Dataset records
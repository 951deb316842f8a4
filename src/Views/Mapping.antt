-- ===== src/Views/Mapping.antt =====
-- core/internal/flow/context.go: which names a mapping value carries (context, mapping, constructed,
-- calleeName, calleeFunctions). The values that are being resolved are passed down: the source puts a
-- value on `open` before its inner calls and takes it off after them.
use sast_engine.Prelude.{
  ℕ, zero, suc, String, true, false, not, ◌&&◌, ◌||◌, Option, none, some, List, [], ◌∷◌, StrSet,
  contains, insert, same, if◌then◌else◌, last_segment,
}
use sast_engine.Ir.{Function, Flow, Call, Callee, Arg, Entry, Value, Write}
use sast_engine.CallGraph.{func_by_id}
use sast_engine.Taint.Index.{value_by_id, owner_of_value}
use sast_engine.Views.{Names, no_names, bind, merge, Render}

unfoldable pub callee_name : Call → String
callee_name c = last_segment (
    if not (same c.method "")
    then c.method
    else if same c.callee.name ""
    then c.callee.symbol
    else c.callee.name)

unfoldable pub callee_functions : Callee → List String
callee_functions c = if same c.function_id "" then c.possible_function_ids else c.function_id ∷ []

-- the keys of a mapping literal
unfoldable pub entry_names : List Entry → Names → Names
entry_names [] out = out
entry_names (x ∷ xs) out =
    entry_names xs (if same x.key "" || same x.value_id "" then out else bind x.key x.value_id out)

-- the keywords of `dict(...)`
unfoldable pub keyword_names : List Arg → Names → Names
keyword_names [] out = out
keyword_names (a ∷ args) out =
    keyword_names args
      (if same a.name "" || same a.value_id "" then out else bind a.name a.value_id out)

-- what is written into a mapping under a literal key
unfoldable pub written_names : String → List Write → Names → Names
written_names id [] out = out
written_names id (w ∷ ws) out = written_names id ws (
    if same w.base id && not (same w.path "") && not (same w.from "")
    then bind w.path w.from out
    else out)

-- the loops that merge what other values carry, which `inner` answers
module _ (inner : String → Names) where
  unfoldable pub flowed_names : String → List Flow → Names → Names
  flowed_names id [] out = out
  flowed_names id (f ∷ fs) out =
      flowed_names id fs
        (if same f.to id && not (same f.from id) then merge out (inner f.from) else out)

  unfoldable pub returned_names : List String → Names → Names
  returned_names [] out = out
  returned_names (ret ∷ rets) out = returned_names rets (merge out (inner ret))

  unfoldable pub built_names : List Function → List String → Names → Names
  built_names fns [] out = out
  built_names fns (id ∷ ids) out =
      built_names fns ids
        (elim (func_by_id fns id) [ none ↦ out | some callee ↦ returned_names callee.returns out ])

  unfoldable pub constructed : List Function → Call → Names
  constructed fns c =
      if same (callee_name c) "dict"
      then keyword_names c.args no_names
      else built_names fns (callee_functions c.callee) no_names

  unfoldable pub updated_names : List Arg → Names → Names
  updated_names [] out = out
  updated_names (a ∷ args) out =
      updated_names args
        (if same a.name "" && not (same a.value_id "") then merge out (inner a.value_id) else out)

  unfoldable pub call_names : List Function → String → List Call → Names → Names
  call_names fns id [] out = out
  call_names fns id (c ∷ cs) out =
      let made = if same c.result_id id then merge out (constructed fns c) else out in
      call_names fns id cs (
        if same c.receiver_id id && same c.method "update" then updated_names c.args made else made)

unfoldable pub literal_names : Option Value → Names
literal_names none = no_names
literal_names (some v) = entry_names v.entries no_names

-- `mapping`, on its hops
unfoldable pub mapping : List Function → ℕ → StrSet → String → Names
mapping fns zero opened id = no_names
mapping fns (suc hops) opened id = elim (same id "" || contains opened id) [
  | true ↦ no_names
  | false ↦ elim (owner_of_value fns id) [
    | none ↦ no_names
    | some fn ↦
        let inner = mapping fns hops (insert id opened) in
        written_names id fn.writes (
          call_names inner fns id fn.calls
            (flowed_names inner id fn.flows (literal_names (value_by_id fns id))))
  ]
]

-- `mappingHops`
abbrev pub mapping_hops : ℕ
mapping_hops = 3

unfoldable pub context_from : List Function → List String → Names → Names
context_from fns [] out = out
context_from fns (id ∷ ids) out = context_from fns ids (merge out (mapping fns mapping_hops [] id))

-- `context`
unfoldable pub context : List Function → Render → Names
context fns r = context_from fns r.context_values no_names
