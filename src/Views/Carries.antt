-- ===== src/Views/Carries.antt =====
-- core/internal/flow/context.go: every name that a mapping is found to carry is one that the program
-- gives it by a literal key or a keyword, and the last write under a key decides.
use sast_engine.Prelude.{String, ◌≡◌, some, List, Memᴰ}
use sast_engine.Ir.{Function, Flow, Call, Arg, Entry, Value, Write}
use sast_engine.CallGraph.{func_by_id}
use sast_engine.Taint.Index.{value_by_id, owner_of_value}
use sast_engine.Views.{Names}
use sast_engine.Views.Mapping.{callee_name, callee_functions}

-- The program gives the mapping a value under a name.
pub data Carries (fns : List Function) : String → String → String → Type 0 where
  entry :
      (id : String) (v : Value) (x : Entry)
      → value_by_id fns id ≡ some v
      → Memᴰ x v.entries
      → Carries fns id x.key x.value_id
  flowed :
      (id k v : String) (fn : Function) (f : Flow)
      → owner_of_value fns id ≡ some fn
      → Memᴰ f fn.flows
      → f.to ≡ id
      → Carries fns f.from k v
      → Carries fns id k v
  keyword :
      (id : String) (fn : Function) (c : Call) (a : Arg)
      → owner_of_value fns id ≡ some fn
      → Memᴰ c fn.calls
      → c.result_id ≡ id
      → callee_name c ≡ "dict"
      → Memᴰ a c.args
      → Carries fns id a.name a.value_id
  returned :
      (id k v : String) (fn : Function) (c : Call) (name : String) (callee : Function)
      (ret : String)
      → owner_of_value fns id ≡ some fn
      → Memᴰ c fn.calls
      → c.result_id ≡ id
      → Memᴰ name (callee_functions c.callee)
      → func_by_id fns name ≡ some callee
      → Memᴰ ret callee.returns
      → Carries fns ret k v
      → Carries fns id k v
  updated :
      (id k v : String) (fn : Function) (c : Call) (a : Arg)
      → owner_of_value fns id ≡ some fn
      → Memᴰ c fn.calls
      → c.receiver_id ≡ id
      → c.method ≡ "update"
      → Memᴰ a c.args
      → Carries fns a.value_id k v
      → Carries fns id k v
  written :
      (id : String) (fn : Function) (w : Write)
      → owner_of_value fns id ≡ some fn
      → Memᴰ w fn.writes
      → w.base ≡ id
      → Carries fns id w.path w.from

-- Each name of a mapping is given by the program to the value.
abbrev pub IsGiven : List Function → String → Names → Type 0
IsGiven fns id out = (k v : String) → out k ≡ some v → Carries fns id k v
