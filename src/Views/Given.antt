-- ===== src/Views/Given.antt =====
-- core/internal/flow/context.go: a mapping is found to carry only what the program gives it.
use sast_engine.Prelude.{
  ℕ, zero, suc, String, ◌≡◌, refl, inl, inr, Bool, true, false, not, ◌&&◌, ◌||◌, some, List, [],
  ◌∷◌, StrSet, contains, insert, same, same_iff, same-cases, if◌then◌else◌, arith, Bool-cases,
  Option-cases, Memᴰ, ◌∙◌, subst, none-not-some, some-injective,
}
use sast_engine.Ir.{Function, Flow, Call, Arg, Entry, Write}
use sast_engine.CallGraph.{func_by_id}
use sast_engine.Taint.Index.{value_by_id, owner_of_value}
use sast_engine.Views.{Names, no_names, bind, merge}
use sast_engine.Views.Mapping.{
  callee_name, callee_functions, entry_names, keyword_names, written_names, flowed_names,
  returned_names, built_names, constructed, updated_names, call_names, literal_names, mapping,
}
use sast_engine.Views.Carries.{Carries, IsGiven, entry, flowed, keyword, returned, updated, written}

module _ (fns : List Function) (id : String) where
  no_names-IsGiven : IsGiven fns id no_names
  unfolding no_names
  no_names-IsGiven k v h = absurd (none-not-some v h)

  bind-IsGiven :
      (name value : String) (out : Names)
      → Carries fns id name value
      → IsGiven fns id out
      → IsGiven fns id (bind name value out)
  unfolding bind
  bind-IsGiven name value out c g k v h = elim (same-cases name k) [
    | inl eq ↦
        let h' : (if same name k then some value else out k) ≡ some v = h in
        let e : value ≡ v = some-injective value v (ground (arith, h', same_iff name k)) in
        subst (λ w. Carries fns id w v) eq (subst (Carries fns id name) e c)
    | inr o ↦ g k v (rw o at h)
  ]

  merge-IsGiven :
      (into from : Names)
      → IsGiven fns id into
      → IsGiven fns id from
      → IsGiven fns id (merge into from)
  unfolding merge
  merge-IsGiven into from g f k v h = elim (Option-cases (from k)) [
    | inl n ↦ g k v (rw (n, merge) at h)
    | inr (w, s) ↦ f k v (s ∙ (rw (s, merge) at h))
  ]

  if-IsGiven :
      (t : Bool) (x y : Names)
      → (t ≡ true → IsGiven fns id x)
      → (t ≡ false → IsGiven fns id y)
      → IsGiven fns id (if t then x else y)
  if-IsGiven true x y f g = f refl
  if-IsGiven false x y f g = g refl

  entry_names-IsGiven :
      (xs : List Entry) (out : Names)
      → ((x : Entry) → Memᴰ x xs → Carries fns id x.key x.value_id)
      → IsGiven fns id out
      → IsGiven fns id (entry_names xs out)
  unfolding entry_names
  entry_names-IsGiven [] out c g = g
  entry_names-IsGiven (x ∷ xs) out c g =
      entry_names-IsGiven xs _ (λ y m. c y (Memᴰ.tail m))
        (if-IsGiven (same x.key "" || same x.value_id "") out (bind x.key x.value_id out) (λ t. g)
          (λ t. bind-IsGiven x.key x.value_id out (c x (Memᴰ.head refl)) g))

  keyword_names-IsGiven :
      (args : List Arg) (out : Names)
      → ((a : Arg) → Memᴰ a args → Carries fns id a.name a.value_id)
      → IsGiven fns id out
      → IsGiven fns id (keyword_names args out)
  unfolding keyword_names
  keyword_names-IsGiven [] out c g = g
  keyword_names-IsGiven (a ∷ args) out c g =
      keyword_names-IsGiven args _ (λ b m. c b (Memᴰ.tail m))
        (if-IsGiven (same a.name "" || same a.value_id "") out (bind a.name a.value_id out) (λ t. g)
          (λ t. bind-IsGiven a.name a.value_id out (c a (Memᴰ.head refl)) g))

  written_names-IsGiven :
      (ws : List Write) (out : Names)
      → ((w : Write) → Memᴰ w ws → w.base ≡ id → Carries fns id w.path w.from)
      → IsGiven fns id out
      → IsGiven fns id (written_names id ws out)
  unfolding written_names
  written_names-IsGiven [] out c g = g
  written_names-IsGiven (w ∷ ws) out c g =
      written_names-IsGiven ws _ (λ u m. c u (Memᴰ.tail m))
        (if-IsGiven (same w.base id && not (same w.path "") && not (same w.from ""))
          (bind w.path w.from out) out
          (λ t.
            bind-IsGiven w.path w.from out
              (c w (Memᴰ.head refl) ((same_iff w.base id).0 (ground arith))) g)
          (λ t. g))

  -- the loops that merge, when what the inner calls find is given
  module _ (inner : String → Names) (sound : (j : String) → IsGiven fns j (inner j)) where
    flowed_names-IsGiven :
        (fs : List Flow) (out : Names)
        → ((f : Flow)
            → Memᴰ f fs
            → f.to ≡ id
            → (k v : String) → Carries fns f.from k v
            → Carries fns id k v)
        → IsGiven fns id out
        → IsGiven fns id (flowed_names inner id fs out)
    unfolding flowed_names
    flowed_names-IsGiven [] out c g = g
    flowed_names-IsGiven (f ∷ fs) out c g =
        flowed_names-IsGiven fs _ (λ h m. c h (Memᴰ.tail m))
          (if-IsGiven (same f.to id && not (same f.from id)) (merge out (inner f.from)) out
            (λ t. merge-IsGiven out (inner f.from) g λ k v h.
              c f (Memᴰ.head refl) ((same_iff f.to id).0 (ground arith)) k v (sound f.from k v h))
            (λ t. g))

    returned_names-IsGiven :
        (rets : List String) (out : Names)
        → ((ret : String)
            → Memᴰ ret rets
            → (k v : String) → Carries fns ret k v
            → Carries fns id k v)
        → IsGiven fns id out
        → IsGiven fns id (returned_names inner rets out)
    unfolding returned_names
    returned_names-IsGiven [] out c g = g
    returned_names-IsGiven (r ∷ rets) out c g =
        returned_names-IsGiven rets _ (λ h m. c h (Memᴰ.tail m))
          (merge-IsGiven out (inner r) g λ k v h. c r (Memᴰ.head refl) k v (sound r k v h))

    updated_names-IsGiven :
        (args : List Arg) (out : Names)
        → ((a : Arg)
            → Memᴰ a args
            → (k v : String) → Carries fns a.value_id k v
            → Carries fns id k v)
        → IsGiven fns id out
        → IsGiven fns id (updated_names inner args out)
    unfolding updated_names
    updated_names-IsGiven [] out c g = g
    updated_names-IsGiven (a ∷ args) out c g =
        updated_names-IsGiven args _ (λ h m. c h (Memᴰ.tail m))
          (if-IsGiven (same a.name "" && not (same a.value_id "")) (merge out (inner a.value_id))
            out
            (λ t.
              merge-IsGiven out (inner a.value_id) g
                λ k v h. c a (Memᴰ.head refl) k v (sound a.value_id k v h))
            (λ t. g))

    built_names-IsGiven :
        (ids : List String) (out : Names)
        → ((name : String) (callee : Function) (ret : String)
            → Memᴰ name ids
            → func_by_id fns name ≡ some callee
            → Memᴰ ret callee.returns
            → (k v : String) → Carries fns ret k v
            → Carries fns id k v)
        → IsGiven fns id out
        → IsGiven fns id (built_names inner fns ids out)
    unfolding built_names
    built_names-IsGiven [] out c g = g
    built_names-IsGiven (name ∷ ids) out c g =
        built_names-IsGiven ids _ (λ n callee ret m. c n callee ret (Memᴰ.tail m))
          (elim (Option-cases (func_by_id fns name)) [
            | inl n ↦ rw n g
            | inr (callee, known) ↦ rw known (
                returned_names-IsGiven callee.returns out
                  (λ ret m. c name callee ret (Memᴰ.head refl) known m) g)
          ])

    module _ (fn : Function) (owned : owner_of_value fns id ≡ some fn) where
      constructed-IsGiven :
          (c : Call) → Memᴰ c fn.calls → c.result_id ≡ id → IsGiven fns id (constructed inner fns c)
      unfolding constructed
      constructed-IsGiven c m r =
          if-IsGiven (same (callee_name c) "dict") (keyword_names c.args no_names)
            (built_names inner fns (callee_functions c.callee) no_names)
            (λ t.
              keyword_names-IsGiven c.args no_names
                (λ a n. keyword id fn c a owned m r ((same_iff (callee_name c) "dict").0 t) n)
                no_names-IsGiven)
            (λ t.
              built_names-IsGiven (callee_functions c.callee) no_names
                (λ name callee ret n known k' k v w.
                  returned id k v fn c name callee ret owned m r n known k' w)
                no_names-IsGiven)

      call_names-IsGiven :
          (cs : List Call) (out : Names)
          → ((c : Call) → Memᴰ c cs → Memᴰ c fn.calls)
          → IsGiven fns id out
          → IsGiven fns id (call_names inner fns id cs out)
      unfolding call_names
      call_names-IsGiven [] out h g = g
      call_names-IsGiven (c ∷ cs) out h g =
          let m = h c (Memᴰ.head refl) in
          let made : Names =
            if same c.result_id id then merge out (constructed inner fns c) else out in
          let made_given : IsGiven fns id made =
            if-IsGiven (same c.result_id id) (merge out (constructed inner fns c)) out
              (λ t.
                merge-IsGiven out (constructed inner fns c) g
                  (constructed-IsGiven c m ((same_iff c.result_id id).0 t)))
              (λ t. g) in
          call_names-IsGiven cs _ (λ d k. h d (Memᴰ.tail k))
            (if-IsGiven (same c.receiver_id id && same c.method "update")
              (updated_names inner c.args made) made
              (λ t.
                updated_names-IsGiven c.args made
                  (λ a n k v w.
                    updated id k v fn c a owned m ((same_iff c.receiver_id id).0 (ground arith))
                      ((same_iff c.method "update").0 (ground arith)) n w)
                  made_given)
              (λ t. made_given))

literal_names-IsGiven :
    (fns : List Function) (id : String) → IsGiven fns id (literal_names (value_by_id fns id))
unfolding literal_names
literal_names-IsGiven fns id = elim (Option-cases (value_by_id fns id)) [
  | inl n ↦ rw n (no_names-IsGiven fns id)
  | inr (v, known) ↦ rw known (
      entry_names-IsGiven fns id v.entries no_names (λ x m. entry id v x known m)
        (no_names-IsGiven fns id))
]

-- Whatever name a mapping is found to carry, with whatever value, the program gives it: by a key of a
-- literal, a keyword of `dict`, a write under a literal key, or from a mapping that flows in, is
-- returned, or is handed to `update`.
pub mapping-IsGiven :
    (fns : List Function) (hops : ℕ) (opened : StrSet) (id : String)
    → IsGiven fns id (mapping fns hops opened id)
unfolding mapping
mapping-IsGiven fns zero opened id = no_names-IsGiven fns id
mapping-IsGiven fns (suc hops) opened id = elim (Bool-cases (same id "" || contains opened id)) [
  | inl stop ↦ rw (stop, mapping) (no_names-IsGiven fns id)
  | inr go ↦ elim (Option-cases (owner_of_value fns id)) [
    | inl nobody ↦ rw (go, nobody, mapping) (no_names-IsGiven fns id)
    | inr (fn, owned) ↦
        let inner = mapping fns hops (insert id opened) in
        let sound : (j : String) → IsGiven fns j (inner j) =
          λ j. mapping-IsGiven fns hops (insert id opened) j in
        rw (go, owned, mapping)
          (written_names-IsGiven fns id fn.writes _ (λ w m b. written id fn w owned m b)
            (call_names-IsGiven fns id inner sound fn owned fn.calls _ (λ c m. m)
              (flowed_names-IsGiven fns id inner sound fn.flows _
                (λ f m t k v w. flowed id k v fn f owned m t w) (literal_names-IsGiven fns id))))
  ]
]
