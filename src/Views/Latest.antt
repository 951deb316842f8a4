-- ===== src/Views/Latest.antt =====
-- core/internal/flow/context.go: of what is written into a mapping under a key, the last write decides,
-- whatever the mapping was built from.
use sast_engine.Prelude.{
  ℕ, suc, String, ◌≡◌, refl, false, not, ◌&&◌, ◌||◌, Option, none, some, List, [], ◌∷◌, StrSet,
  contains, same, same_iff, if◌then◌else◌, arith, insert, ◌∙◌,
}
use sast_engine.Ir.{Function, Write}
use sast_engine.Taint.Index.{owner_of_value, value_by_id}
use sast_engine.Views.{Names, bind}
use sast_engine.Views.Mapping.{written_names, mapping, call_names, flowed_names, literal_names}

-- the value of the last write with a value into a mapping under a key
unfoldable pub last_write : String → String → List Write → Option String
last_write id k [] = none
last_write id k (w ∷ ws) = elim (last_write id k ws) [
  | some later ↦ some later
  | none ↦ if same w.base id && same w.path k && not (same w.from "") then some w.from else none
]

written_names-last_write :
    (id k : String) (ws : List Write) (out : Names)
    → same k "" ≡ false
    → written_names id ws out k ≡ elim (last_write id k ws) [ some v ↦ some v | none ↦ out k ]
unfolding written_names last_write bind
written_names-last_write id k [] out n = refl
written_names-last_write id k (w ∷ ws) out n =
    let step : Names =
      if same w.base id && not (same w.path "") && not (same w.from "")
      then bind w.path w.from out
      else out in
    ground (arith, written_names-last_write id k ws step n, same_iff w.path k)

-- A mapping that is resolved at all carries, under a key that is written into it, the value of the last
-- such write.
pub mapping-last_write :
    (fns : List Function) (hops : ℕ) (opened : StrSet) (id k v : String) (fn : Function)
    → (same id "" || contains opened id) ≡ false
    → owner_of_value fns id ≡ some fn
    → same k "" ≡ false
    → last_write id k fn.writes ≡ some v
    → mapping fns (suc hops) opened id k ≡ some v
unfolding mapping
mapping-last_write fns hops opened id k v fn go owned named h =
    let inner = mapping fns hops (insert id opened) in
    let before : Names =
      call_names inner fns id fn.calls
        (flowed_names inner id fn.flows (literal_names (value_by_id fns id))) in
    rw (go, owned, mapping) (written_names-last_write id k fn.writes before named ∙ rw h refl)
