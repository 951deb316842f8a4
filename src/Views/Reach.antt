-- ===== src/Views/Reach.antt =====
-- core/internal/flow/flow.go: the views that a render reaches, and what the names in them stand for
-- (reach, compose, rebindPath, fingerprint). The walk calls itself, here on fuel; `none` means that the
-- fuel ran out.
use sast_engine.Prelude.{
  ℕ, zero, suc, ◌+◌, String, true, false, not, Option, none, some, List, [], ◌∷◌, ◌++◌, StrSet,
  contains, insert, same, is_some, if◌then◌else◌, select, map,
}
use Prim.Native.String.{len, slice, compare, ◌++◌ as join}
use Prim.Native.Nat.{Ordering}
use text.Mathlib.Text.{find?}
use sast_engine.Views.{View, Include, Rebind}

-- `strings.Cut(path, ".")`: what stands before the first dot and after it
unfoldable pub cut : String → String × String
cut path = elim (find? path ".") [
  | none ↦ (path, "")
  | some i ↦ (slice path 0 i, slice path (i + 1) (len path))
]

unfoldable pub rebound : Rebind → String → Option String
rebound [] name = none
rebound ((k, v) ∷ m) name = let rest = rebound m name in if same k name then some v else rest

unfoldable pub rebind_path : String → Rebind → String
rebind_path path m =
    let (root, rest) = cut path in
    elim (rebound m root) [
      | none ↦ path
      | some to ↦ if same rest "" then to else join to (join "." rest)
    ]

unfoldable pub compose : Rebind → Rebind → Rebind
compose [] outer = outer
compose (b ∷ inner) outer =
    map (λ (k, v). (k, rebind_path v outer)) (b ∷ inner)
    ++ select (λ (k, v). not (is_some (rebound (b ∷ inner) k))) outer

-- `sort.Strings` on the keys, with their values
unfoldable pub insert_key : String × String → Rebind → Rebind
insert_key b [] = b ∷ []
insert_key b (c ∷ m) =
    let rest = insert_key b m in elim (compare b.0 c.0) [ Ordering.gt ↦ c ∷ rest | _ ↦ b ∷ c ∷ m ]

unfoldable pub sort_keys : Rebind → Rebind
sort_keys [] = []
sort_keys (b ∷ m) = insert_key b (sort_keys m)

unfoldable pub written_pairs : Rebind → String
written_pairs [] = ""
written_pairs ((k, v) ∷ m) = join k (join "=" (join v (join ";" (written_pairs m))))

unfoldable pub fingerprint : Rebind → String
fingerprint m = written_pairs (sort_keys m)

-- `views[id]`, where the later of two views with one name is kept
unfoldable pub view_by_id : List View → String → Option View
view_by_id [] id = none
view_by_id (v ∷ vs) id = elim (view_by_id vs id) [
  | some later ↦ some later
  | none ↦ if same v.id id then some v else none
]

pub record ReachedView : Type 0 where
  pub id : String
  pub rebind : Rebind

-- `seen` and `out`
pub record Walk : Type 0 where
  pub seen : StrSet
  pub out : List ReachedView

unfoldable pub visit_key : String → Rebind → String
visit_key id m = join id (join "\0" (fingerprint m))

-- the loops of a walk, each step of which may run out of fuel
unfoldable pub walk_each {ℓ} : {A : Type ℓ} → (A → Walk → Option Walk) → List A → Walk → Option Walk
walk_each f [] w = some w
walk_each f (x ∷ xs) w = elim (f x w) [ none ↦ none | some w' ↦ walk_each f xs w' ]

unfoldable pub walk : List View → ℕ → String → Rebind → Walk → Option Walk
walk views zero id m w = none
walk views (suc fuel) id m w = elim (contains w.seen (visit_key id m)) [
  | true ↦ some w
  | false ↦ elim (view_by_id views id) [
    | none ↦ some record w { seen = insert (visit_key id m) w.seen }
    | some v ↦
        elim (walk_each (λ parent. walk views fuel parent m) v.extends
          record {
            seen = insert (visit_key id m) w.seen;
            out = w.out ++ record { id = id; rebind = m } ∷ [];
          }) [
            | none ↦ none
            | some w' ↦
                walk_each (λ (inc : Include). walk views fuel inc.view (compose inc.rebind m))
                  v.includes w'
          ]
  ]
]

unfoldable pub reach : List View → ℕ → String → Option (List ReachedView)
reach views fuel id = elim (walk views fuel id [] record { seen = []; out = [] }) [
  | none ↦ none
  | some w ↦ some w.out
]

_WHAT THE TASK ASKS_:
Where does the string "entries" appear in the records above? Return every line that holds it.

_RESPONSE TO THE EXERCISE_:
literal_names (some v) = entry_names v.entries no_names
      → Memᴰ x v.entries
      entry_names-IsGiven fns id v.entries no_names (λ x m. entry id v x known m)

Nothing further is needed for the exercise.